**TASK**
Output range, inclusive: from the line containing "pub events : h.events ≡ g.events" to the line containing "map-same f g [] e = refl". Restate those lines from the data below word for word and only those.

● ● ● ● ● ● ●

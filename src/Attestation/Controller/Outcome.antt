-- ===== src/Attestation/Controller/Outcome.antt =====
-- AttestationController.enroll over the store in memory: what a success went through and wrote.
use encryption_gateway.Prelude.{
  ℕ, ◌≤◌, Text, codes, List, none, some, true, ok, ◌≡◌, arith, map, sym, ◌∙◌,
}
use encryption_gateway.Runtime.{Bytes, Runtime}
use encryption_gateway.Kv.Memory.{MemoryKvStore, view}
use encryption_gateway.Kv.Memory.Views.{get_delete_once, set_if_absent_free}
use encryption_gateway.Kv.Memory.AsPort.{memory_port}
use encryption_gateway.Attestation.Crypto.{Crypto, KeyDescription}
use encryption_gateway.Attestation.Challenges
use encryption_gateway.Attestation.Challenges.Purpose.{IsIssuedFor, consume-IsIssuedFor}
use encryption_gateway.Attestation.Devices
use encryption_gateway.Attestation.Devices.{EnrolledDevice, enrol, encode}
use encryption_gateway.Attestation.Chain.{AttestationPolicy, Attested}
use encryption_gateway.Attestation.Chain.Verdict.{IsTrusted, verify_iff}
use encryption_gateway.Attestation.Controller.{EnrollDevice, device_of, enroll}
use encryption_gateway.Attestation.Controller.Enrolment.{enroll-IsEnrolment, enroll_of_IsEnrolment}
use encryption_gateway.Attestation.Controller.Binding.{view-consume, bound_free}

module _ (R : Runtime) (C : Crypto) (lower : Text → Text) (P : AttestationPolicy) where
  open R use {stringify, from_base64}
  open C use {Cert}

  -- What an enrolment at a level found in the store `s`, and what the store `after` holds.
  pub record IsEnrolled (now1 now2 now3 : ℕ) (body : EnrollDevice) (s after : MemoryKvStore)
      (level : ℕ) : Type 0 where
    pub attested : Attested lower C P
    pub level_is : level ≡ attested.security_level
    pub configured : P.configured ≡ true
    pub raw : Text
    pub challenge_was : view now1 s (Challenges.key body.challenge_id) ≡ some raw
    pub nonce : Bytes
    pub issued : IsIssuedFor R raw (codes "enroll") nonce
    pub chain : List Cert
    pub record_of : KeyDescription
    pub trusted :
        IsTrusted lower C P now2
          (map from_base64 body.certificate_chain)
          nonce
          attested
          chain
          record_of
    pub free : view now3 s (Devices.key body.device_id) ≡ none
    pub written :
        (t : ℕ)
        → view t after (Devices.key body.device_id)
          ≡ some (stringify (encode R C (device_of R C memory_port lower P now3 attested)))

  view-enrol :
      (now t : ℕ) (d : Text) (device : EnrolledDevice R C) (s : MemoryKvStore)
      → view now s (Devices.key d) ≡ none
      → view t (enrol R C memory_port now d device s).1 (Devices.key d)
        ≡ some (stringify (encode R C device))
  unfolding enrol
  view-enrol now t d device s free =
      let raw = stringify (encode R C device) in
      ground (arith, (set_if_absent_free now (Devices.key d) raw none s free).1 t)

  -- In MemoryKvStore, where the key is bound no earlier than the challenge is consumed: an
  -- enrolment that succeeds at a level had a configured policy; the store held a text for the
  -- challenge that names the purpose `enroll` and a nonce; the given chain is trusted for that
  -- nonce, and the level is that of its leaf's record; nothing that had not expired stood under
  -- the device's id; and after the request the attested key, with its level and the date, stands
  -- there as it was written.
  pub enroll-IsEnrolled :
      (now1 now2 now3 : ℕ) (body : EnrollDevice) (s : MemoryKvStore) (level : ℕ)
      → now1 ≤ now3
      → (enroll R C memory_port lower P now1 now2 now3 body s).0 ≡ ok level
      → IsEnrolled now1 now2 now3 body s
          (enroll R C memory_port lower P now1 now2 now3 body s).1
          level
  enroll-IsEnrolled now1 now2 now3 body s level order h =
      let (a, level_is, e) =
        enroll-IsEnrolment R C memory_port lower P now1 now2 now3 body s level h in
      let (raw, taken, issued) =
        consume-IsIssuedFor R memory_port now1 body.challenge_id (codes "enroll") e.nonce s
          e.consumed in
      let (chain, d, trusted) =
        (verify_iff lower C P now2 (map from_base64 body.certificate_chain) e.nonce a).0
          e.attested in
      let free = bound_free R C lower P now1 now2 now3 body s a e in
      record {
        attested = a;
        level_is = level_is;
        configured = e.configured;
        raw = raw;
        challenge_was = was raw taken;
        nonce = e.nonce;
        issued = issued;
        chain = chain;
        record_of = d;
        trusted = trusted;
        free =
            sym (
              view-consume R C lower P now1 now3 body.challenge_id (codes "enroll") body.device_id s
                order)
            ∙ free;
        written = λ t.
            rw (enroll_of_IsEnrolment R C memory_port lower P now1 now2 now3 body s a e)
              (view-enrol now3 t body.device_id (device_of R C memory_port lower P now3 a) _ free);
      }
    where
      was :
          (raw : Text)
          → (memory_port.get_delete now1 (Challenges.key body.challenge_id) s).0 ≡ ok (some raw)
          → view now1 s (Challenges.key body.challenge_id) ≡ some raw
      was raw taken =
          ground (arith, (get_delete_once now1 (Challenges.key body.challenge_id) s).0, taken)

● ● ● ● ● ● ●

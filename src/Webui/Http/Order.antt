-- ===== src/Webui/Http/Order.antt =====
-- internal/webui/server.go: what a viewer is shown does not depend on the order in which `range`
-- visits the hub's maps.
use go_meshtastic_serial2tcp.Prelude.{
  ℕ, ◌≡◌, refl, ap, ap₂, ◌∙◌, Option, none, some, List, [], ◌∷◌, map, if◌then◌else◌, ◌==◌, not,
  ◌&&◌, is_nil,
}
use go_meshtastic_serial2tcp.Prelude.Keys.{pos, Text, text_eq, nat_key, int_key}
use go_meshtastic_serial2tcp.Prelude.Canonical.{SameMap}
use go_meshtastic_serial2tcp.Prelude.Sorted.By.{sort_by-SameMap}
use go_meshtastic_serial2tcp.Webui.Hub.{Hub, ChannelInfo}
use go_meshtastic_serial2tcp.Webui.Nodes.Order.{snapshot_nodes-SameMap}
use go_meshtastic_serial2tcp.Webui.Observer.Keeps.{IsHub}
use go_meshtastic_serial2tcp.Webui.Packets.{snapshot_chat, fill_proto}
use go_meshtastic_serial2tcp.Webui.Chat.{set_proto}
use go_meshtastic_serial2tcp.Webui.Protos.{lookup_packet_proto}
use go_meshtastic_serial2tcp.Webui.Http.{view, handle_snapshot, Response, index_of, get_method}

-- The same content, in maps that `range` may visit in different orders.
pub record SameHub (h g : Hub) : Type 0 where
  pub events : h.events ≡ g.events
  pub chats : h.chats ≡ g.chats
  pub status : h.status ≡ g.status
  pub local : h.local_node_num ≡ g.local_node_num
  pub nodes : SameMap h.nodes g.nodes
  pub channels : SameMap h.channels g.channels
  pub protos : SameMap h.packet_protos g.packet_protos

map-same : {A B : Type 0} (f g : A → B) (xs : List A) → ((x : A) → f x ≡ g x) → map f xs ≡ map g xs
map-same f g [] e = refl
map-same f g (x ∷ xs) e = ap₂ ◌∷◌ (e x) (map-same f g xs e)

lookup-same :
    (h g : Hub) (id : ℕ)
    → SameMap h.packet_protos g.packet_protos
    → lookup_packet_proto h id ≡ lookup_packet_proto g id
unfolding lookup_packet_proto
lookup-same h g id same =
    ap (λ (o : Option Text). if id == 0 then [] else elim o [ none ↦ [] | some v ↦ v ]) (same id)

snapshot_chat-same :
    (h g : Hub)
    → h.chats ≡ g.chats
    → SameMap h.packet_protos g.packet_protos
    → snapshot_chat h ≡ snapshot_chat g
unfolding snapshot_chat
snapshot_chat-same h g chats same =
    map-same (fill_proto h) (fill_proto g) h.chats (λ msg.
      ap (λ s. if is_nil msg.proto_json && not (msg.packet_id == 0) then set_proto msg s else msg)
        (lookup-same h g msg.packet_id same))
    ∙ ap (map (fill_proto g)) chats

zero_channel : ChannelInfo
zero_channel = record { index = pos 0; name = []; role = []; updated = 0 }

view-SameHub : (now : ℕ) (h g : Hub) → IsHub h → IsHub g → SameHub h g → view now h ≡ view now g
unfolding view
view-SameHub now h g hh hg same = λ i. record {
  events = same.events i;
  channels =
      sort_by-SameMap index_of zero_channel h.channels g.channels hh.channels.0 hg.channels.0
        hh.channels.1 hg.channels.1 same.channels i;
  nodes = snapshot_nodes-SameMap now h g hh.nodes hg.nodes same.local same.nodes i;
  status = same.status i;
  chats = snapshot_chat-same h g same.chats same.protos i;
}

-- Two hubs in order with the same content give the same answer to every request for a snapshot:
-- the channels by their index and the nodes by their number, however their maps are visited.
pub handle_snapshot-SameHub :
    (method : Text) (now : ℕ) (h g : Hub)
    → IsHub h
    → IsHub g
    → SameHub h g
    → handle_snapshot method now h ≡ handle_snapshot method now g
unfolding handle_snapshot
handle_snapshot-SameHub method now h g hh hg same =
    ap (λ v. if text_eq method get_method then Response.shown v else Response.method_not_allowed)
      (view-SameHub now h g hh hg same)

● ● ● ● ● ● ●

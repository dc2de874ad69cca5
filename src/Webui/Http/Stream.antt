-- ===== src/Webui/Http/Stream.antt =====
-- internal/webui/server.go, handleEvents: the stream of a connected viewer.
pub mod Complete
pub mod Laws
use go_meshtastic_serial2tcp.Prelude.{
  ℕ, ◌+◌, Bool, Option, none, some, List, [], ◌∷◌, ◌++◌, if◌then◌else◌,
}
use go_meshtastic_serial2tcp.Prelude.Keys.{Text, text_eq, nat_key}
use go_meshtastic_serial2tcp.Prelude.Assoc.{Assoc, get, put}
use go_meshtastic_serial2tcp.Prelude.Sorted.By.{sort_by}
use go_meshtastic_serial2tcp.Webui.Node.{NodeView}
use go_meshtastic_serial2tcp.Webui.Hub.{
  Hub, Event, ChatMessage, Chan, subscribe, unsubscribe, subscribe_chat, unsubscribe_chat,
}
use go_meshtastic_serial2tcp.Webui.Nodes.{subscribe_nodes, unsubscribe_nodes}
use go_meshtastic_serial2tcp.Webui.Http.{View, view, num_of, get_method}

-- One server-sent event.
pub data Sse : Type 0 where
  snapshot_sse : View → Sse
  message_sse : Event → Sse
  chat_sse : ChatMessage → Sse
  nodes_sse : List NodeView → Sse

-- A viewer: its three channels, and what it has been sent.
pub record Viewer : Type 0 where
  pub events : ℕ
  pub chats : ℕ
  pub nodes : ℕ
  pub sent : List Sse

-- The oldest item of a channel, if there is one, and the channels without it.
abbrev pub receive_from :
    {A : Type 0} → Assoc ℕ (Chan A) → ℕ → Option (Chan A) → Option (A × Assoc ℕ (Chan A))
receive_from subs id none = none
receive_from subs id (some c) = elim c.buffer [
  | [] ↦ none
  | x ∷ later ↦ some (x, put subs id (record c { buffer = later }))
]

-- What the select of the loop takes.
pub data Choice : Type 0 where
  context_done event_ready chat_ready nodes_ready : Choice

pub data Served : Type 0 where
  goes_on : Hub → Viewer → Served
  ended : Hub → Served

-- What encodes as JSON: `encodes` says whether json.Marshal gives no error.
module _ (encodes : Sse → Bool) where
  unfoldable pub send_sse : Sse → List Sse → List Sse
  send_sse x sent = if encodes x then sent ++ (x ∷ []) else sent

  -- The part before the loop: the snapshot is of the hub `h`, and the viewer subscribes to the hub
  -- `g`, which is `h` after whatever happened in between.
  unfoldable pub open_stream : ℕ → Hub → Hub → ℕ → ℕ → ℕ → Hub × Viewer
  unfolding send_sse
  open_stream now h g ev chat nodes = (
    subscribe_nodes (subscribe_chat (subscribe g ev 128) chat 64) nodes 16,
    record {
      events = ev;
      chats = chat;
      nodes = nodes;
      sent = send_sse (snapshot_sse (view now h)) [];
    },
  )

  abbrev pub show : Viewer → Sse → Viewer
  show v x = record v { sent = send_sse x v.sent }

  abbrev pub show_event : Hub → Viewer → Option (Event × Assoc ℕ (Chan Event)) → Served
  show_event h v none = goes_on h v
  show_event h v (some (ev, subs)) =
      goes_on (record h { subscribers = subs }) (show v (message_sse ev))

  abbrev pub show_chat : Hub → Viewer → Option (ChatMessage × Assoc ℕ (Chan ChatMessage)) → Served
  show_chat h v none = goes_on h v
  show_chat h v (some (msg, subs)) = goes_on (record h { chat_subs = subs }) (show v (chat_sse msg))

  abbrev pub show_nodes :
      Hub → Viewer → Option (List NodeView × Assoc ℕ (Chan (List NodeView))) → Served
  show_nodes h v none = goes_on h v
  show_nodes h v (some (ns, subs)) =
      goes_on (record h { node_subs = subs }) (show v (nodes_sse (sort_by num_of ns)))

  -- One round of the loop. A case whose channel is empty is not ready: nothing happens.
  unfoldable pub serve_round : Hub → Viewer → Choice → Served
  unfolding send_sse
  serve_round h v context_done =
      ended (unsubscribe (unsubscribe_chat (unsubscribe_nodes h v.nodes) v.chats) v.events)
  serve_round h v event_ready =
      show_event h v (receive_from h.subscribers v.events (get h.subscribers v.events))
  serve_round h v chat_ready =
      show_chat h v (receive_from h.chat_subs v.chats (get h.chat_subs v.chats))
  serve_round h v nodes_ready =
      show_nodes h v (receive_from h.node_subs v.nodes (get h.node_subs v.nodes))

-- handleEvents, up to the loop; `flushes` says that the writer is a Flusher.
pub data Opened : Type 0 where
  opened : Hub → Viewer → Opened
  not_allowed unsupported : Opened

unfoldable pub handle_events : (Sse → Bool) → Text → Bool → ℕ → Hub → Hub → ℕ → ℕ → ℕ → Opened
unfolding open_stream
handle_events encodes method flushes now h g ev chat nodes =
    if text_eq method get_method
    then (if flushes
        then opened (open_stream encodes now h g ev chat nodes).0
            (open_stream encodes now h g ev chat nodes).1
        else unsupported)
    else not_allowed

● ● ● ● ● ● ●

**PROBLEM SOLUTION**
  pub events : h.events ≡ g.events
  pub chats : h.chats ≡ g.chats
  pub status : h.status ≡ g.status
  pub local : h.local_node_num ≡ g.local_node_num
  pub nodes : SameMap h.nodes g.nodes
  pub channels : SameMap h.channels g.channels
  pub protos : SameMap h.packet_protos g.packet_protos

map-same : {A B : Type 0} (f g : A → B) (xs : List A) → ((x : A) → f x ≡ g x) → map f xs ≡ map g xs
map-same f g [] e = refl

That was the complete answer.